Systematic reviews have become highly influential in health policy-making and the development of clinical guidelines. The reviewers carry out a systematic search for all published and unpublished scientific studies relevant to a scientific question, rate the quality of those studies and calculate the overall effect of an intervention or treatment. In particular, systematic reviews seek to minimise bias caused by poor study design, inadequate follow-up or incomplete publication of results. The Cochrane Collaboration has published numerous systematic reviews in all areas of medicine and its reviews are highly regarded.
The Cochrane Collaboration’s review of the impact of DAAs on mortality, morbidity and serious adverse events, published last week, identified 138 randomised trials with 25,232 participants. Fifty-seven of the trials looked at products that have either been discontinued or withdrawn from the market. Only eleven studies comprising follow-up on 2,996 people reported on mortality and morbidity; meta-analysis of these studies found no significant difference in outcomes in people who received DAAs or placebo. A grand total of 16 deaths were reported in these studies and the median follow-up time in these studies is not stated for this analysis (Table 1.1, p. 357).
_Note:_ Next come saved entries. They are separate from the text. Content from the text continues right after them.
-- ===== src/Search.antt =====
-- The search that goes round (internal/ui/common/search.go). An item is the texts of the segments of
-- its searchable lines; an index is an `int`, whose remainder has the sign of the index.
pub mod Order
mod Tests
use Prim.Native.Char.{code}
use jjui.Operations.AceJump.{fold_case}
use jjui.Prelude.{
  ℕ, zero, suc, ◌+◌, ◌%◌, String, Bool, true, false, not, ◌&&◌, ◌||◌, Option, none, some, List, [],
  ◌∷◌, map, ◌==◌, if◌then◌else◌, length, get_elem?, any,
}
use jjui.Prelude.Int.{ℤ, pos, negsuc, ◌+ℤ◌, ◌-ℤ◌}
use jjui.Prelude.Texts.{is_empty}

abbrev pub codes : String → List ℕ
codes String.[] = []
codes (String.◌∷◌ c s) = code c ∷ codes s

-- `strings.ToLower`, for ASCII.
abbrev pub to_lower : String → List ℕ
to_lower s = map fold_case (codes s)

abbrev pub has_prefix : List ℕ → List ℕ → Bool
has_prefix [] s = true
has_prefix (c ∷ cs) [] = false
has_prefix (c ∷ cs) (d ∷ ds) = c == d && has_prefix cs ds

abbrev pub contains_codes : List ℕ → List ℕ → Bool
contains_codes query [] = has_prefix query []
contains_codes query (c ∷ cs) = has_prefix query (c ∷ cs) || contains_codes query cs

unfoldable pub matches_query : String → List String → Bool
matches_query query texts =
    any (λ text. not (is_empty text) && contains_codes (codes query) (to_lower text)) texts

-- `a % n`.
unfoldable pub rem_ℤ : ℤ → ℕ → ℤ
rem_ℤ (pos a) n = pos (a % n)
rem_ℤ (negsuc a) n = pos 0 -ℤ pos (suc a % n)

-- The index in the step of this number.
unfoldable pub index_in_step : (start : ℤ) → (backward : Bool) → (n i : ℕ) → ℤ
index_in_step start false n i = rem_ℤ (start +ℤ pos i) n
index_in_step start true n i = rem_ℤ (start -ℤ pos i +ℤ pos n) n

abbrev pub item_at : List (List String) → ℤ → Option (List String)
item_at items (pos c) = get_elem? items c
item_at items (negsuc c) = none

-- The steps that are left, from one on; `none` is a panic, of an index that is out of range.
unfoldable pub search_from :
    List (List String) → String → (start cursor : ℤ) → (backward : Bool) → (left i : ℕ) → Option ℤ
search_from items query start cursor backward zero i = some cursor
search_from items query start cursor backward (suc left) i =
    let rest = search_from items query start cursor backward left (i + 1) in
    let c = index_in_step start backward (length items) i in
    elim (item_at items c) [
      | none ↦ none
      | some item ↦ if matches_query query item then some c else rest
    ]

unfoldable pub circular_search :
    List (List String) → String → (start cursor : ℤ) → (backward : Bool) → Option ℤ
circular_search items query start cursor backward =
    if is_empty query
    then some cursor
    else search_from items query start cursor backward (length items) 0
The study also found no impact of DAAs by sub-groups such as people with cirrhosis or chronic kidney disease, by genotype, treatment history, interferon or ribavirin usage.
The review also looked at serious adverse events – both drug side-effects and other serious events such as liver decompensation – and found that in 43 studies, comprising follow-up on 15,587 people, there was no difference in the rate of serious adverse events between those who received DAAs and those who did not.